** Opening SUPPLIED DATA block **

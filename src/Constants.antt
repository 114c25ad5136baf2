-- ===== src/Constants.antt =====
-- src/dns/constants.rs: flag names, columns, ports and defaults.
pub mod Flags
pub mod Columns
pub mod Commands
use nu_plugin_dns.Prelude.{ℕ, ◌*◌, ◌^◌}

-- hickory_resolver's `Protocol`: the variants that the code names, and any that it does not.
pub data Protocol : Type 0 where
  udp tcp tls https quic other : Protocol

-- `default::TASKS`
abbrev pub default_tasks : ℕ
default_tasks = 8

-- `default::TIMEOUT`, in nanoseconds
abbrev pub default_timeout : ℕ
default_timeout = 5 * 10 ^ 9

unfoldable pub default_port : Protocol → ℕ
default_port Protocol.udp = 53
default_port Protocol.tcp = 53
default_port Protocol.tls = 853
default_port Protocol.quic = 853
default_port Protocol.https = 443
default_port Protocol.other = 53
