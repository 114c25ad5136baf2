-- ===== src/Hickory.antt =====
-- What src/dns calls of the hickory crates on names, record types and classes: a parameter of the
-- model, with the laws of their documentation that theorems use. Errors are their printed text.

pub mod Message
pub mod Rdata
use nu_plugin_dns.Prelude.{ℕ, ◌<◌, ◌^◌, String, List, [], Option, none, some, ok, ◌≡◌}
use nu_plugin_dns.Prelude.Outcome.{Res}

pub record Hickory : Type 1 where
  pub Name : Type 0
  pub name_from_utf8 : String → Res String Name
  pub name_from_labels : List (List ℕ) → Res String Name
  pub name_to_utf8 : Name → String
  pub name_to_string : Name → String
  pub RecordType : Type 0
  pub a : RecordType
  pub aaaa : RecordType
  pub record_type_from_str : String → Res String RecordType
  pub record_type_from_u16 : ℕ → RecordType
  pub record_type_to_u16 : RecordType → ℕ
  pub record_type_to_string : RecordType → String
  -- The code of a `RecordType::Unknown(code)`.
  pub unknown_code : RecordType → Option ℕ
  pub DnsClass : Type 0
  pub class_in : DnsClass
  pub class_from_str : String → Res String DnsClass
  pub class_from_u16 : ℕ → DnsClass
  pub class_to_u16 : DnsClass → ℕ
  pub class_to_string : DnsClass → String

-- Conversions of codes.
pub record IsLawful (H : Hickory) : Type 0 where
  pub record_type_u16 : (n : ℕ) → n < 2 ^ 16 → H.record_type_to_u16 (H.record_type_from_u16 n) ≡ n
  pub unknown_code_lem :
      (n c : ℕ) → n < 2 ^ 16 → H.unknown_code (H.record_type_from_u16 n) ≡ some c → c ≡ n
  pub class_u16 : (n : ℕ) → n < 2 ^ 16 → H.class_to_u16 (H.class_from_u16 n) ≡ n
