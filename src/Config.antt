-- ===== src/Config.antt =====
-- The record `Config` of src/dns/config.rs, with the modes of src/dns/serde.rs that it holds.
pub mod Settings
pub mod FromValues
pub mod Answers
pub mod Laws
use nu_plugin_dns.Prelude.{ℕ, Bool, String, List, Option}
use nu_plugin_dns.Nu.{Spanned}
use nu_plugin_dns.Constants.{Protocol}
use nu_plugin_dns.Hickory.{Hickory}

pub data DnssecMode : Type 0 where
  none strict opportunistic : DnssecMode

-- std's `SocketAddr`: the address as printed, and the port.
pub record SocketAddr : Type 0 where
  pub ip : String
  pub port : ℕ

-- The timeout is in nanoseconds.
pub record Config (H : Hickory) : Type 0 where
  pub protocol : Spanned Protocol
  pub server : Spanned SocketAddr
  pub qtypes : Spanned (List (Spanned H.RecordType))
  pub class : Spanned H.DnsClass
  pub code : Spanned Bool
  pub dnssec_mode : Spanned DnssecMode
  pub dns_name : Option (Spanned String)
  pub tasks : Spanned ℕ
  pub timeout : Spanned ℕ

** Closing SUPPLIED DATA block **

What do the lines above say from the one containing "unfoldable pub default_port : Protocol → ℕ" down to the one containing "-- ===== src/Hickory.antt"? Return them exactly, both end lines included, and only them.

unfoldable pub default_port : Protocol → ℕ
default_port Protocol.udp = 53
default_port Protocol.tcp = 53
default_port Protocol.tls = 853
default_port Protocol.quic = 853
default_port Protocol.https = 443
default_port Protocol.other = 53
repository 114c25ad5136baf2
-- ===== src/Hickory.antt =====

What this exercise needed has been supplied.